= The Heart and the Money =

1912 film directed by Louis Feuillade and Léonce Perret

Full film

The Heart and the Money (Le Cœur et l'Argent) is a 1912 film directed by Louis Feuillade and Léonce Perret.

Early filmmaker Louis Feuillade's most well known works focus on crime serials. When Feuillade and Léonce Perret decided to work together, Perret introduced his co-director to a new style of filming. Visually, The Heart and the Money presents a different aesthetic, such as shooting on location, to the time period. The techniques the directors used, such as on-location shooting, split screens, and sense of storytelling, were employed way before their time to portray a gripping and saddening melodrama.

==About the film==
Feuillade directed over 800 films throughout his career. However, what makes this film stand out in his collection, besides the fact that it is a melodrama, is the decision with Perret to tackle on-location shooting. Through this stylistic choice, audiences are able to compare and contrast and see characters in a different light, both figuratively and literally. For instance, Suzanne is initially seen with Raymond out on a sunny day, enjoying a casual boat ride in the river. She appears happy and free until her mother comes along to whisk her away. When Suzanne is introduced to Monsieur Vernier with a blank look upon her face, they are inside the family hotel which is an enclosed space. The choice to shoot on location holds much value to the underlying conflict of the story because it shows the dichotomy between rich and poor. Raymond appears to be a typical, average guy, but in comparison to Monsieur Vernier's lavish life of having a driver and owning a mansion, Raymond is poor. Raymond's scenes are all shot out on location in open spaces; he has little to show for what he has and what he is worth. Monsieur Vernier is surrounded by his materialistic value especially when he, Suzanne, and her mother arrive to his mansion. Unlike Raymond, he has more than his attitude and clean clothes to show his wealth.
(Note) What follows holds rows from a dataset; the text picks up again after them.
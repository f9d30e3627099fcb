-- ===== src/Relay/Bytes.antt =====
-- Python's `bytes` and the `str` values that the relay makes of them: lists of numbers, those of
-- `bytes` below 256, those of `str` code points.
use voidz.Prelude.{
  ℕ, ◌+◌, ◌-◌, ◌*◌, ◌/◌, ◌%◌, ◌<◌, ◌≡◌, ap, Bool, true, not, ◌==◌, nat_eq, list_eq, ◌&&◌, ◌||◌,
  List, [], ◌∷◌, ◌++◌, Option, none, some, arith, ltb, leb, eqb, if◌then◌else◌, take, drop,
  get_elem?, get_elem?-drop, drop-drop, ◌∙◌,
}
use voidz.Prelude.Result.{Result, ok, raise, value_error, overflow_error, type_error, fail_if, ◌>>◌}

abbrev pub Bytes : Type 0
Bytes = List ℕ

abbrev pub Text : Type 0
Text = List ℕ

-- `chunk[pos:pos + n]`
abbrev pub slice : List ℕ → ℕ → ℕ → List ℕ
slice xs pos n = take n (drop pos xs)

-- `sep.join(parts)`
unfoldable pub join : ℕ → List Text → Text
join sep [] = []
join sep (x ∷ []) = x
join sep (x ∷ y ∷ rest) = x ++ (sep ∷ join sep (y ∷ rest))

-- `int.from_bytes(xs, "big")`
unfoldable pub from_big : ℕ → Bytes → ℕ
from_big acc [] = acc
from_big acc (b ∷ bs) = from_big (acc * 256 + b) bs

-- `n.to_bytes(2, "big")`
unfoldable pub to_big2 : ℕ → Result Bytes
to_big2 n = if ltb n 65536 then ok (n / 256 ∷ n % 256 ∷ []) else raise overflow_error

-- `bytes([n])`
unfoldable pub one_byte : ℕ → Result Bytes
one_byte n = if ltb n 256 then ok (n ∷ []) else raise value_error

-- `str(b)` of a byte
unfoldable pub str_byte : ℕ → Text
str_byte b =
    if ltb b 10
    then (48 + b) ∷ []
    else if ltb b 100
    then (48 + b / 10) ∷ (48 + b % 10) ∷ []
    else (48 + b / 100) ∷ (48 + b / 10 % 10) ∷ (48 + b % 10) ∷ []

unfoldable pub hex_digit : ℕ → ℕ
hex_digit d = if ltb d 10 then 48 + d else 87 + d

-- `f"{b:02x}"` of a byte
unfoldable pub hex2 : ℕ → Text
unfolding hex_digit
hex2 b = hex_digit (b / 16) ∷ hex_digit (b % 16) ∷ []

-- the value of a hexadecimal digit, in either case
unfoldable pub hex_value : ℕ → Option ℕ
hex_value c =
    if leb 48 c && leb c 57
    then some (c - 48)
    else if leb 97 c && leb c 102
    then some (c - 87)
    else if leb 65 c && leb c 70
    then some (c - 55)
    else none

-- `s.replace("-", "")`
unfoldable pub without_dashes : Text → Text
without_dashes [] = []
without_dashes (c ∷ cs) = let rest = without_dashes cs in if eqb c 45 then rest else c ∷ rest

unfoldable pub is_space : ℕ → Bool
is_space c = eqb c 32 || (leb 9 c && leb c 13)

-- `bytes.fromhex(s)`: pairs of digits, with white space allowed between the pairs
unfoldable pub fromhex : Text → Option Bytes
unfolding hex_value is_space
fromhex [] = some []
fromhex (c ∷ []) = if is_space c then some [] else none
fromhex (c ∷ d ∷ cs) =
    let after_space = fromhex (d ∷ cs) in
    let after_pair = fromhex cs in
    if is_space c then after_space else elim (hex_value c) [
      | none ↦ none
      | some h ↦ elim (hex_value d) [
        | none ↦ none
        | some l ↦ elim after_pair [ none ↦ none | some bs ↦ some ((h * 16 + l) ∷ bs) ]
      ]
    ]

-- `bytes.decode("ascii", errors="ignore")`
unfoldable pub decode_ascii : Bytes → Text
decode_ascii [] = []
decode_ascii (b ∷ bs) = let rest = decode_ascii bs in if ltb b 128 then b ∷ rest else rest

-- `str.lower()` of an ASCII text
unfoldable pub lower : Text → Text
lower [] = []
lower (c ∷ cs) = (if leb 65 c && leb c 90 then c + 32 else c) ∷ lower cs

-- The positions of a chunk behind a part that is known.
module _ (xs : List ℕ) {ys : List ℕ} (k : ℕ) (cut : drop k xs ≡ ys) where
  pub at_offset : (i : ℕ) → get_elem? xs (k + i) ≡ get_elem? ys i
  at_offset i = get_elem?-drop k xs i ∙ ap (λ (t : List ℕ). get_elem? t i) cut

  pub drop_offset : (i : ℕ) → drop (k + i) xs ≡ drop i ys
  drop_offset i = drop-drop k i xs ∙ ap (drop i) cut

-- Two bytes in network order give the number back.
pub to_big2-eq_ok : (n : ℕ) → n < 65536 → to_big2 n ≡ ok (n / 256 ∷ n % 256 ∷ [])
unfolding to_big2
to_big2-eq_ok n h = ground arith

pub from_big-to_big2 : (n : ℕ) → from_big 0 (n / 256 ∷ n % 256 ∷ []) ≡ n
unfolding from_big
from_big-to_big2 n = omega arith

unfoldable pub is_ascii : Text → Bool
is_ascii [] = true
is_ascii (c ∷ cs) = ltb c 128 && is_ascii cs

-- `secrets.compare_digest` of texts raises `TypeError` on a text that is not ASCII.
unfoldable pub compare_digest : Text → Text → Result Bool
compare_digest a b = do fail_if (not (is_ascii a && is_ascii b)) type_error; ok (a == b)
The use of split screen was rare and new to the field of movies at the time. Its use in this film hold a great deal of weight by conveying the feelings of the characters. Audiences see Suzanne in her new mansion after marrying the wealthy Monsieur Vernier. Suzanne is admiring a vase of flowers like the flowers her true love Raymond once gave her. The shot is then followed by a split screen of her sitting with a look of sadness on her face and a shot of her and Raymond enjoying a romantic afternoon out on a boat in the river. As the film goes from her admiration of the flowers that hold a significant meaning to the split screen, audiences are able to infer that she realizes she made a mistake by marrying Monsieur Vernier. Another application of the split screen is used with Raymond as he sits out on the river in his boat with Suzanne in his arms, and he recalls special memories the two shared before she married Monsieur Vernier. Their recollection of each other is presented in a manner that each is in contact with a special memory that link the two together. This technique of the split screen was rarely used in the early twentieth century; it did not become heavily utilized until the 1960s.

The final, but not last, aspect of the film that sets it apart from other films of its time is the ending. Viewers witness Suzanne drown herself in the river after Raymond refuses to take her back into his life. In Feuillade's other films, they primarily end on a high note of either capturing the bad guy or having a couple close out the film on a happy ending. This was a bold choice of the directors to take the road less traveled and experiment with a more melodramatic approach.